In the autumn, when the woodsmoke hung golden and thick and the snow tested the wind with white fingers, a young officer walked alone down a long, thin road, smoking a long, thin cigarette. He enjoyed his cigarette, sucking smoke with relish, taking his time. Tobacco was precious, one of his few privileges as an officer. It was like smoking gold. Little shivers of delight ran down his spine as the cold sun hit his smoke, splitting into paradisiacal rays. His boots crunched on the frosted dirt of the road, and that too, he enjoyed: the crisp, bright sound of his own steps through the broad-leafed forest, the warmth of his woolen coat and fur cap, the meeting of cigarette and frozen dirt and yellow leaves and Ivan Nikolayevich, for whom the morning proceeded exceedingly well.

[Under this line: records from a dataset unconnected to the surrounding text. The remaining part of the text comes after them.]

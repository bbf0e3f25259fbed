-- ===== src/Store/Cosmos/Pages.antt =====
-- `Load` and `LoadTail` of the Cosmos DB store over the wrapper of azure/cosmosclient, page by page.
use mathlib.Core.List.{reverse}
use protosource.Prelude.{
  ℕ, ◌≡◌, refl, ap, ◌∙◌, String, true, none, List, [], ◌∷◌, map, take_last, is_positive64,
}
use protosource.Error.{ok, wrap_err}
use protosource.Compress.{Bytes}
use protosource.Repository.Types.{History}
use protosource.Store.Cosmos.{Json, ascending, descending, page_hint, load, load_tail}
use protosource.Store.Cosmos.Client.{AzContainer, drain, wrapper}
use protosource.Store.Cosmos.Tail.{join_pages, load_tail-join_pages}

drain-map_ok : (pages : List (List Bytes)) → drain (map ok pages) ≡ ok (join_pages pages)
unfolding drain
drain-map_ok [] = refl
drain-map_ok (page ∷ pages) = rw (drain-map_ok pages) refl

map-wrap_err_ok :
    (msg : String) (pages : List (List Bytes)) → map (wrap_err msg) (map ok pages) ≡ map ok pages
map-wrap_err_ok msg [] = refl
map-wrap_err_ok msg (page ∷ pages) = ap (◌∷◌ (ok page)) (map-wrap_err_ok msg pages)

-- Where azcosmos delivers all pages of both queries, and those of the descending query together hold
-- the documents of the ascending one in the opposite order, `LoadTail` of a positive int64 n returns
-- the last n records that `Load` returns, however the documents are cut into pages.
pub load_tail-wrapper :
    (json : Json) (clock : ℕ → ℕ) {S : Type 0} (c : AzContainer S) (id : String) (n : ℕ) (s : S)
    (up down : List (List Bytes)) (h : History)
    → is_positive64 n ≡ true
    → c.query_pages ascending id 0 s ≡ map ok up
    → c.query_pages descending id (page_hint json clock (wrapper c) n) s ≡ map ok down
    → join_pages down ≡ reverse (join_pages up)
    → load json clock (wrapper c) none id s ≡ ok h
    → load_tail json clock (wrapper c) none id n s ≡ ok (take_last n h)
unfolding wrapper
load_tail-wrapper json clock c id n s up down h positive upward downward turned loaded =
    load_tail-join_pages json clock (wrapper c) id n s (join_pages up) down h positive
      (ap drain upward ∙ drain-map_ok up)
      (ap (map (wrap_err "cosmosclient: query page")) downward ∙ map-wrap_err_ok _ down) turned
      loaded
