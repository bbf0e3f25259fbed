-- ===== src/Store/Dynamo.antt =====
-- stores/dynamodbstore: the events of an aggregate as the items of a partition, one for a version.
pub mod Save
pub mod Tail
pub mod Read
use protosource.Prelude.{
  ℕ, zero, suc, ◌+◌, ◌*◌, ◌/◌, ◌%◌, ◌-◌, String, Bool, true, false, Option, none, some, List, [],
  ◌∷◌, map, take, drop, length, ltb, leb, ◌==◌, is_positive64, if◌then◌else◌, two63,
}
use mathlib.Core.List.{reverse}
use protosource.Prelude.Dict.{lookup}
use protosource.Error.{Error, Result, ok, err, ◌>>=◌, wrap, wrap_err, other}
use protosource.Compress.{Bytes, Gzip}
use protosource.Repository.Types.{Record, History, Context}
use protosource.Convert.{convert_all}
use protosource.Dynamo.{
  Attribute, text, number, binary, Item, QueryInput, Page, Put, Client, Strconv,
}
use protosource.Dynamo.Pages.{all_pages, then_more}
use protosource.Opaque.{AutoPksk, OpaqueStore, OpaqueOption, with_ttl, new_opaque_data}

-- The configuration; the times to live are durations in nanoseconds.
pub record DynamoStore (S : Type 0) : Type 0 where
  pub events_table : String
  pub opaque_store : Option (OpaqueStore S)
  pub ttl : ℕ

-- `WithEventsTable`, `WithOpaqueStore` and `WithTTL`
abbrev pub with_events_table : {S : Type 0} → String → DynamoStore S → DynamoStore S
with_events_table name cfg = record cfg { events_table = name }

abbrev pub with_opaque_store : {S : Type 0} → OpaqueStore S → DynamoStore S → DynamoStore S
with_opaque_store store cfg = record cfg { opaque_store = some store }

abbrev pub with_event_ttl : {S : Type 0} → ℕ → DynamoStore S → DynamoStore S
with_event_ttl ttl cfg = record cfg { ttl = ttl }

abbrev pub default_events_table : String
default_events_table = "events"

abbrev configure :
    {S : Type 0} → List (DynamoStore S → DynamoStore S) → DynamoStore S → DynamoStore S
configure [] cfg = cfg
configure (opt ∷ opts) cfg = configure opts (opt cfg)

-- `New`: a client that is nil is refused.
unfoldable pub new_dynamo_store :
    {S : Type 0}
    → Option (Client S)
    → List (DynamoStore S → DynamoStore S)
    → Result (Client S × DynamoStore S)
new_dynamo_store none opts = err (other "dynamodbstore.New: client must not be nil")
new_dynamo_store (some client) opts = ok (
  client,
  configure opts (record { events_table = default_events_table; opaque_store = none; ttl = 0 }),
)

abbrev pub max_transact_items : ℕ
max_transact_items = 100

abbrev pub max_int32 : ℕ
max_int32 = 2147483647

-- `time.Second`, and the seconds above which a time.Duration overflows.
abbrev second : ℕ
second = 1000000000

abbrev pub new_version : String
new_version = "attribute_not_exists(a) AND attribute_not_exists(v)"

-- `strconv` is Go's, `expiry` the clock as in gen/opaquedata.
module _ (strconv : Strconv) (expiry : ℕ → ℕ) {S : Type 0} (client : Client S) where
  unfoldable pub item_of : DynamoStore S → String → Record → Item
  item_of cfg id r =
      let ttl_item : ℕ → Item = λ seconds. ("t", number (strconv.format_int seconds)) ∷ [] in
      ("a", text id)
      ∷ ("v", number (strconv.format_int r.version))
      ∷ ("d", binary r.payload)
      ∷ (if is_positive64 r.ttl
          then ttl_item r.ttl
          else if is_positive64 cfg.ttl
          then ttl_item (expiry cfg.ttl)
          else [])

  unfoldable pub put_of : DynamoStore S → String → Record → Put
  unfolding item_of
  put_of cfg id r = record {
    table = cfg.events_table;
    item = item_of cfg id r;
    condition = new_version;
  }

  -- The loop of `Save`: a transaction for each batch, while records are left. Every round takes one
  -- record at least, so that their number is fuel enough.
  unfoldable pub save_batches : DynamoStore S → String → ℕ → List Record → S → Result (Unit {0}) × S
  unfolding put_of
  save_batches cfg id zero records s = (ok tt, s)
  save_batches cfg id (suc fuel) [] s = (ok tt, s)
  save_batches cfg id (suc fuel) (r ∷ rs) s =
      let (answer, s') =
        client.transact_write (map (put_of cfg id) (take max_transact_items (r ∷ rs))) s in
      elim answer [
        | err e ↦ (err (wrap "dynamodbstore.Save" e), s')
        | ok _ ↦ save_batches cfg id fuel (drop max_transact_items (r ∷ rs)) s'
      ]

  -- `Save`
  unfoldable pub save : DynamoStore S → Context → String → List Record → S → Result (Unit {0}) × S
  unfolding save_batches
  save cfg (some e) id records s = (err (wrap "dynamodbstore.Save" e), s)
  save cfg none id records s = save_batches cfg id (length records) records s

  -- `itemToRecord`
  abbrev number_of : Option Attribute → Result String
  number_of (some (number n)) = ok n
  number_of _ = err (other "version attribute is not a number")

  abbrev binary_of : Option Attribute → Result Bytes
  binary_of (some (binary bytes)) = ok bytes
  binary_of _ = err (other "data attribute is not binary")

  unfoldable pub item_to_record : Item → Result Record
  item_to_record item = do
    version_val ← number_of (lookup "v" item)
    version ← wrap_err "failed to parse version" (strconv.parse_int version_val)
    bytes ← binary_of (lookup "d" item)
    ok (record { version = version; payload = bytes; ttl = 0 })

  unfoldable pub events_query : DynamoStore S → String → Bool → Option ℕ → QueryInput
  events_query cfg id forward limit = record {
    table = cfg.events_table;
    index = none;
    consistent = true;
    forward = forward;
    limit = limit;
    key_condition = "a = :id";
    filter = none;
    names = [];
    values = (":id", text id) ∷ [];
    start = none;
  }

  -- `Load`, on fuel for the pages.
  unfoldable pub load : ℕ → DynamoStore S → Context → String → S → Option (Result History)
  unfolding events_query item_to_record
  load fuel cfg (some e) id s = some (err (wrap "dynamodbstore.Load" e))
  load fuel cfg none id s =
      all_pages client item_to_record (wrap "dynamodbstore.Load") (wrap "dynamodbstore.Load") fuel
        (events_query cfg id true none) s

  abbrev page_limit : ℕ → ℕ
  page_limit remaining = if ltb max_int32 remaining then max_int32 else remaining

  -- The loop of `LoadTail`, on fuel; the records are collected from the last version back.
  unfoldable pub tail_pages : ℕ → ℕ → QueryInput → S → Option (Result History)
  unfolding item_to_record
  tail_pages zero remaining q s = none
  tail_pages (suc fuel) remaining q s =
      if leb remaining 0
      then some (ok [])
      else elim (client.query (record q { limit = some (page_limit remaining) }) s) [
        | err e ↦ some (err (wrap "dynamodbstore.LoadTail" e))
        | ok page ↦ elim (convert_all item_to_record (take remaining page.items)) [
          | err e ↦ some (err (wrap "dynamodbstore.LoadTail" e))
          | ok rows ↦ elim page.last [
            | none ↦ some (ok rows)
            | some key ↦
                let rest =
                  tail_pages fuel (remaining - length rows) (record q { start = some key }) s in
                if leb (remaining - length rows) 0 then some (ok rows) else then_more rows rest
          ]
        ]
      ]

  abbrev reversed : Option (Result History) → Option (Result History)
  reversed none = none
  reversed (some (err e)) = some (err e)
  reversed (some (ok rows)) = some (ok (reverse rows))

  -- `LoadTail`
  unfoldable pub load_tail : ℕ → DynamoStore S → Context → String → ℕ → S → Option (Result History)
  unfolding tail_pages events_query
  load_tail fuel cfg (some e) id n s = some (err (wrap "dynamodbstore.LoadTail" e))
  load_tail fuel cfg none id n s =
      if is_positive64 n
      then reversed (tail_pages fuel n (events_query cfg id false none) s)
      else some (ok [])

  -- The options of `SaveAggregate`, from `EventTTLSeconds` where the aggregate has it.
  unfoldable pub ttl_options : Option ℕ → Result (List OpaqueOption)
  ttl_options none = ok []
  ttl_options (some seconds) =
      if is_positive64 seconds
      then (if ltb ((two63 - 1) / second) seconds
          then err (other "dynamodbstore.SaveAggregate: event_ttl_seconds overflows time.Duration")
          else ok (with_ttl (seconds * second) ∷ []))
      else ok []

  -- `SaveAggregate`; `auto` is the assertion that the aggregate is an AutoPKSK.
  unfoldable pub save_aggregate :
      {M : Type 0}
      → Gzip
      → DynamoStore S
      → Option (AutoPksk M)
      → Option ℕ
      → Context
      → M
      → S
      → Result (Unit {0}) × S
  unfolding ttl_options
  save_aggregate z cfg auto seconds (some e) m s = (err (wrap "dynamodbstore.SaveAggregate" e), s)
  save_aggregate z cfg auto seconds none m s = elim cfg.opaque_store [
    | none ↦ (err (other "dynamodbstore.SaveAggregate: no OpaqueStore configured"), s)
    | some store ↦ elim auto [
      | none ↦ (err (other "dynamodbstore.SaveAggregate: not an opaquedata.AutoPKSK"), s)
      | some apk ↦ elim (ttl_options seconds) [
        | err e ↦ (err e, s)
        | ok opts ↦ elim (new_opaque_data z expiry apk m opts) [
          | err e ↦ (err (wrap "dynamodbstore.SaveAggregate: opaquedata" e), s)
          | ok od ↦
              let (stored, s') = store.put od s in
              (wrap_err "dynamodbstore.SaveAggregate" stored, s')
        ]
      ]
    ]
  ]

Ivan had already tasted not only tobacco but butter that day. The memory of his knife scraping over fried bread and leaving a trail of glistening salted cream still thrilled him. He had begun to think butter a prize from some mythical tale, like a firebird’s feather. But even now his blood beat faster recalling the slip of grease on his bread. His bones felt strong, his legs big enough to take three rivers in one stride. Just last Saturday, during his mandatory volunteer labor, he had picked more apples than any of the city boys, those brainy students with glasses and sloppy hair. The pleasant hum of his muscles and the taste of his one stolen apple, hard and sweet and sour, still hung around him like a bright, beery haze. What to do with this surplus of good feeling and big legs? Ivan Nikolayevich had taken up the jewel of his lunch break and gone for a walk in the larch forest beyond the fences of his camp.